## Problem to work on
Within this listing, how many lines include the word "contains"? Only the number should be given.

## Provided information
========================================================================
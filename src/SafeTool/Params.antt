-- ===== src/SafeTool/Params.antt =====
-- internal/tools/safe_executor.go: the params of a call that are kept, and their caps.
pub mod Filter
pub mod Caps
mod Examples
use compshare_agent.Prelude.{
  ℕ, zero, suc, ◌+◌, ◌-◌, ◌*◌, ◌^◌, String, Bool, true, false, ◌&&◌, ◌||◌, not, Option, none, some,
  List, [], ◌∷◌, ◌++◌, Except, ok, err, ltb, leb, ◌==◌, if◌then◌else◌, str_eq,
}
use compshare_agent.Value.{
  Value, Items, Fields, null, num, str, arr, nil, cons, end, field, get_field,
}
use compshare_agent.Workflow.Types.{GoError}
use compshare_agent.SafeTool.Types.{
  ActionRoute, external_api, knowledge, workflow, diagnosis, handoff, ActionClass, read_cheap,
  read_expensive_default, read_expensive_per_target, mutating, destructive, Level, l0, l1, l2,
  ErrorClass, network, eof, http_5xx, ExecutionOrigin, unset, direct_llm, workflow_internal,
  diagnosis_internal, Policy, CallError, ToolError, policy_missing, destructive_action,
  user_declined, mutating_action_disabled, non_external_action, tool_cap_exceeded,
  history_window_exceeded, history_without_target, zone_unresolved, call_failed, wait_cancelled,
  Args, Event, confirm_needed, before_call, sent, answered, Gate, ToolEnv, is_external, is_l2,
  is_destructive, is_mutating, class_eq, is_internal,
}

unfoldable pub contains : String → List String → Bool
contains k [] = false
contains k (j ∷ js) = if str_eq j k then true else contains k js

pub append_allowed_param : List String → String → List String
append_allowed_param params k = if contains k params then params else params ++ k ∷ []

pub append_all : List String → List String → List String
append_all params [] = params
append_all params (k ∷ ks) = append_all (append_allowed_param params k) ks

-- A nil AllowedParams with internal ones becomes the list of the internal ones.
pub allowed_params_for_origin : Policy → ExecutionOrigin → Option (List String)
allowed_params_for_origin policy origin =
    if is_internal origin
    then elim policy.internal_allowed_params [
      | [] ↦ policy.allowed_params
      | k ∷ ks ↦ some (append_all (elim policy.allowed_params [ none ↦ [] | some a ↦ a ]) (k ∷ ks))
    ]
    else policy.allowed_params

-- The loop of filterSafeArgs.
pub pick : List String → Fields → Fields
pick [] m = end
pick (k ∷ ks) m =
    let rest = pick ks m in elim (get_field k m) [ none ↦ rest | some v ↦ field k v rest ]

pub filter_safe_args : Args → Option (List String) → Args
filter_safe_args none allowed = none
filter_safe_args (some m) none = some m
filter_safe_args (some m) (some allowed) = some (pick allowed m)

pub items_length : Items → ℕ
items_length nil = 0
items_length (cons v rest) = suc (items_length rest)

pub value_len : Value → ℕ
value_len (arr xs) = items_length xs
value_len _ = 0

abbrev pub is_null : Value → Bool
is_null null = true
is_null _ = false

pub count_requested_targets : Args → ℕ
count_requested_targets none = 0
count_requested_targets (some m) = elim (get_field "UHostIds" m) [
  | some ids ↦ value_len ids
  | none ↦ elim (get_field "UHostId" m) [ none ↦ 0 | some id ↦ if is_null id then 0 else 1 ]
]

abbrev pub max_int64 : ℕ
max_int64 = 9_223_372_036_854_775_807

-- secondsArg: none where the value is no integer of 64 bits, `some none` a negative one.
pub seconds_arg : (String → Option (Option ℕ)) → Value → Option (Option ℕ)
seconds_arg parse (num n) = if leb n max_int64 then some (some n) else none
seconds_arg parse (str s) = parse s
seconds_arg parse _ = none

-- The tests of requestedHistoryWindowSeconds on the two times.
pub window_between : ℕ → ℕ → ℕ
window_between start finish =
    if leb finish start
    then max_int64
    else if ltb (max_int64 - start) finish
    then max_int64
    else finish - start

pub window_of_seconds : Option (Option ℕ) → Option (Option ℕ) → ℕ
window_of_seconds (some (some start)) (some (some finish)) = window_between start finish
window_of_seconds _ _ = max_int64

-- requestedHistoryWindowSeconds, on the two arguments where they are present.
pub window_of_values : (String → Option (Option ℕ)) → Option Value → Option Value → Option ℕ
window_of_values parse none none = none
window_of_values parse (some s) (some e) =
    some (window_of_seconds (seconds_arg parse s) (seconds_arg parse e))
window_of_values parse _ _ = some max_int64

pub requested_history_window_seconds : (String → Option (Option ℕ)) → Args → Option ℕ
requested_history_window_seconds parse none = none
requested_history_window_seconds parse (some m) =
    window_of_values parse (get_field "StartTime" m) (get_field "EndTime" m)

pub check_window : ℕ → ℕ → Option ℕ → Option ToolError
check_window limit targets none = none
check_window limit targets (some window) =
    if ltb targets 1
    then some history_without_target
    else if ltb limit window
    then some (history_window_exceeded window limit)
    else none

pub check_policy_caps : (String → Option (Option ℕ)) → Policy → Args → Option ToolError
check_policy_caps parse policy args =
    let targets = count_requested_targets args in
    let window =
      check_window policy.max_history_window_seconds targets
        (requested_history_window_seconds parse args) in
    if ltb 0 policy.max_targets_per_call && ltb policy.max_targets_per_call targets
    then some (tool_cap_exceeded targets policy.max_targets_per_call)
    else if ltb 0 policy.max_history_window_seconds
    then window
    else none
========================================================================
## Output for this exercise
4